Given that the study by Chen et al is largely based on in vitro models with vector-based transfection of WT vs mutated BTK into WM and DLBCL cell lines, a key question becomes how much these findings related to the situation in actual patients. To this end, the authors tested serial plasma samples from WM patients during ibrutinib therapy for changes in IL-6 and IL-10 concentrations, the cytokines that were found to be upregulated in and secreted by BTKCys481Ser cells. Although IL-6 and IL-10 levels remained stable and low in responders, those patients who developed resistance developed increasing levels of both cytokines at time of resistance (n = 3; Figure 6 in Chen et al), translating this aspect of their work into the clinical context. This appears to be different from findings in CLL patients, where high plasma concentrations of CCL3 (MIP-1α), a key BCR signaling response gene and chemokine to attract T cells and macrophages, rapidly normalize when patients start ibrutinib therapy and reappear once CLL patients develop resistance,4  which apparently was not the case in WM, suggesting that BTKCys481Ser may have entirely different biologic consequences in different diseases. In favor of this concept is the fact that the primary targets of ibrutinib in CLL vs WM may be different.
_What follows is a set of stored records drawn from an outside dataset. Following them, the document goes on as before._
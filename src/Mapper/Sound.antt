-- ===== src/Mapper/Sound.antt =====
-- What a mapping of MachineMapper.py must be, and that `get_mapping` returns one when `_match` has
-- succeeded.
pub mod Networks
pub mod Ifs
pub mod Machines
use lnst.Prelude.{
  ℕ, suc, ◌+◌, ◌*◌, ◌≤◌, ◌<◌, String, ◌≡◌, refl, Bool, true, false, Option, none, some, List, [],
  ◌∷◌, arith, string_eq, count, subst, sym, ap, ◌∙◌, Bool-cases, inl, inr, ◌==◌, ◌⊎◌,
}
use lnst.Prelude.Exc.{Result, ok, ◌>>=◌}
use lnst.Prelude.Dict.{Dict, get, keys, count_of_get}
use lnst.Mapper.Defs.{Iface, Host, Hosts, Owner, Labels, Mapper}
use lnst.Mapper.Compat.{params_fit}
use lnst.Mapper.Mapping.{IfMap, MachineMap, Mapping, map_networks, map_machines, get_mapping}
use lnst.Mapper.Search.{reset_match_state, match_loop}
use lnst.Mapper.Valid.{FullInv, MatchInv, match_cost, m_ids, m_taken}
use lnst.Mapper.Valid.Pools.{FullInv-MatchInv}
use lnst.Mapper.Valid.Loop.{MatchOk, match_loop_lem}
use lnst.Mapper.Valid.Reset.{Config, search_cost, reset_match_state_lem}
use Networks.{IsInjective}
use Ifs.{IfMapped}
use Machines.{MachineMapped, MachinesMapped, map_machines_lem, MFilled-IsInjective}

-- Required host `h` has a machine with the parameters that it asks for, and each of its interfaces
-- another interface of that machine, likewise, on the network that its label is mapped to.
abbrev pub HostMatch : Hosts → Mapping → String → Host → Type 0
HostMatch pool mp k h =
    (mm : MachineMap) × (pool_m : Host) × (get mp.machines k ≡ some mm)
    × (get pool mm.target ≡ some pool_m)
    × (params_fit h.params pool_m.params ≡ true)
    × ((i : String) (r : Iface)
        → get h.interfaces i ≡ some r
        → (im : IfMap) × (pool_if : Iface) × (get mm.interfaces i ≡ some im)
          × (get pool_m.interfaces im.target ≡ some pool_if)
          × (params_fit r.params pool_if.params ≡ true)
          × (get mp.networks r.network ≡ some pool_if.network))
    × ((i j : String) (im jm : IfMap)
        → get mm.interfaces i ≡ some im
        → get mm.interfaces j ≡ some jm
        → im.target ≡ jm.target
        → i ≡ j)

-- A mapping that satisfies the requirements `mreqs` by the machines of `pool`: every required host
-- has a machine of its own with the parameters that it asks for, every required interface an
-- interface of its own on that machine with the parameters that it asks for, and two interfaces
-- share a required network exactly when they share a pool network.
pub record IsMatch (mreqs pool : Hosts) (mp : Mapping) : Type 0 where
  pub each_host : (k : String) (h : Host) → get mreqs k ≡ some h → HostMatch pool mp k h
  pub own_machine :
      (k l : String) (mm lm : MachineMap)
      → get mp.machines k ≡ some mm
      → get mp.machines l ≡ some lm
      → mm.target ≡ lm.target
      → k ≡ l
  pub own_network :
      (x y n : String) → get mp.networks x ≡ some n → get mp.networks y ≡ some n → x ≡ y

get-map_networks :
    (labels : Labels) (x : String) {o : Owner}
    → get labels x ≡ some o
    → get (map_networks labels) x ≡ some o.pool_label
unfolding map_networks get
get-map_networks [] x e = absurd (cc)
get-map_networks ((l, w) ∷ labels) x {o = o} e = ground (arith, get-map_networks labels x {o = o})

map_networks-get :
    (labels : Labels) (x n : String)
    → get (map_networks labels) x ≡ some n
    → (o : Owner) × (get labels x ≡ some o) × (o.pool_label ≡ n)
unfolding map_networks get
map_networks-get [] x n e = absurd (cc)
map_networks-get ((l, w) ∷ labels) x n e = elim (Bool-cases (l == x)) [
  | inl same ↦ (w, rw same, ground (arith, same, e))
  | inr other ↦ let (o, g, p) = map_networks-get labels x n (rw other at e) in (o, rw other g, p)
]

module _ (o : Mapper) (Q M : ℕ) (t : Mapper) (i : FullInv o Q M t)
    (all_done : t.unmatched_req_machines ≡ []) where
  m_ids_le : (x : String) → count x (m_ids t.machine_stack) ≤ 1
  m_ids_le x = omega (arith, i.common.required x, i.common.reqs_ok.distinct x)

  m_taken_le : (x : String) → count x (m_taken t.machine_stack) ≤ 1
  m_taken_le x = omega (arith, i.common.in_pool x, i.common.pool_ok.distinct x)

  all_hosts : (k : String) (h : Host) → get t.mreqs k ≡ some h → 0 < count k (m_ids t.machine_stack)
  unfolding count
  all_hosts k h e = ground (arith, i.common.required k, all_done, count_of_get t.mreqs k {v = h} e)

  module _ (d : Dict String MachineMap)
      (mm : MachinesMapped t.mreqs t.pool t.machine_stack t.net_label_mapping d) where
    abbrev mapping_of : Mapping
    mapping_of = record {
      machines = d;
      networks = map_networks t.net_label_mapping;
      virtual = t.virtual_matching;
      pool_name = t.pool_name;
    }

    mapping_of-IsMatch : IsMatch t.mreqs t.pool mapping_of
    mapping_of-IsMatch = record {
      each_host = λ k h e. host_of k h e (mm.each k (all_hosts k h e));
      own_machine = mm.distinct;
      own_network = λ x y n e f.
          let (a, ga, pa) = map_networks-get t.net_label_mapping x n e in
          let (b, gb, pb) = map_networks-get t.net_label_mapping y n f in
          MFilled-IsInjective t.mreqs t.pool Q i.common.pool_ok.named t.machine_stack
            t.net_label_mapping i.full x y a b ga gb (pa ∙ sym pb);
    }
      where
        host_of :
            (k : String) (h : Host)
            → get t.mreqs k ≡ some h
            → ((h' : Host) × (m : MachineMap) × (get t.mreqs k ≡ some h')
                × (get d k ≡ some m)
                × MachineMapped t.pool t.net_label_mapping h' m)
            → HostMatch t.pool mapping_of k h
        host_of k h e (h', m, e', g, x) =
            let same : h' ≡ h = cc (e', e) in
            let y : MachineMapped t.pool t.net_label_mapping h m =
              subst (λ q. MachineMapped t.pool t.net_label_mapping q m) same x in
            (
              m,
              y.pool_m,
              g,
              y.is_in_pool,
              y.fits,
              (λ j r er.
                  let (im, gi, z) = y.each_if j r er in
                  (
                    im,
                    z.pool_if,
                    gi,
                    z.is_in_pool,
                    z.fits,
                    get-map_networks t.net_label_mapping r.network z.has_label
                        ∙ ap some z.same_network,
                  )),
              y.distinct_ifs,
            )

  -- After a successful `_match` the mapping can be read, and it is a match.
  pub get_mapping_lem : (mp : Mapping) × (get_mapping t ≡ ok mp) × IsMatch t.mreqs t.pool mp
  unfolding get_mapping
  get_mapping_lem =
      let (d, e, mm) =
        map_machines_lem t.mreqs t.pool Q i.common.pool_ok.named t.machine_stack t.net_label_mapping
          i.full m_ids_le m_taken_le in
      (mapping_of d mm, ground (arith, e), mapping_of-IsMatch d mm)

-- How a search that began with the configuration of `o` ends: in a match for the requirements by
-- the pool that it names, which can be read; or with no machine on the stack.
abbrev pub Found : Mapper → Bool → Mapper → Type 0
Found o true u =
    (mp : Mapping) × (get_mapping u ≡ ok mp)
    × IsMatch o.mreqs u.pool mp
    × ((o.pools ≡ []) ⊎ ((k : String) × (mp.pool_name ≡ some k) × (get o.pools k ≡ some u.pool)))
Found o false u = u.machine_stack ≡ []

pub Found-of :
    (o : Mapper) (Q M : ℕ) (s : Mapper) (b : Bool) (u : Mapper) → MatchOk o Q M s b u → Found o b u
unfolding get_mapping
Found-of o Q M s false u h = h.1
Found-of o Q M s true u (i, all_done, cost) =
    let (mp, e, m) = get_mapping_lem o Q M u i all_done in
    (
      mp,
      e,
      subst (λ (r : Hosts). IsMatch r u.pool mp) i.kept.same_mreqs m,
      named_of mp e i.kept.in_pool,
    )
  where
    named_of :
        (mp : Mapping)
        → get_mapping u ≡ ok mp
        → ((o.pools ≡ []) ⊎ ((k : String) × (u.pool_name ≡ some k) × (get o.pools k ≡ some u.pool)))
        → (o.pools ≡ []) ⊎ ((k : String) × (mp.pool_name ≡ some k) × (get o.pools k ≡ some u.pool))
    named_of mp e (inl h) = inl h
    named_of mp e (inr (k, p, q)) = inr (k, ground (arith, e, p), q)

-- From a well-formed configuration without virtual machines, with fuel for the search,
-- `reset_match_state` and then `_match` raise nothing and return. If `_match` returns True,
-- `get_mapping` returns a match for the requirements by machines of the pool that it names.
pub first_match :
    (Q M if_fuel fuel : ℕ) (s : Mapper)
    → Config Q M s
    → Q < if_fuel
    → search_cost Q M s ≤ fuel
    → (t : Mapper) × (b : Bool) × (u : Mapper) × (reset_match_state s ≡ ok t)
      × (match_loop if_fuel fuel t ≡ some (ok (b, u)))
      × Found s b u
first_match Q M if_fuel fuel s c enough fuel_ok =
    let (t, e, i, cost) = reset_match_state_lem Q M s c in
    let (b, u, f, good) = match_loop_lem s Q M if_fuel enough fuel t i (omega arith) in
    (t, b, u, e, f, Found-of s Q M t b u good)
Although BCR signaling generally is considered the primary target of ibrutinib in CLL, the majority of WM cells carry MYD88 and/or CXCR4 WHIM syndrome-like mutations, which result in enhanced signaling activation in a BTK-sensitive fashion, predicting for clinical responsiveness to ibrutinib and pointing toward these activating mutations as primary targets of ibrutinib.9  Fortunately, most patients with CLL and WM have durable responses to ibrutinib; CLL patients developing resistance generally respond to the BCL2 antagonist venetoclax.10  Whether this agent also can salvage WM patients developing ibrutinib resistance, or whether ERK signaling-inhibitors would be more suitable as suggested by the data by Chen et al, will ultimately be answered in clinical trials.

Conflict-of-interest disclosure: J.A.B. received research support from Pharmacyclics and Gilead.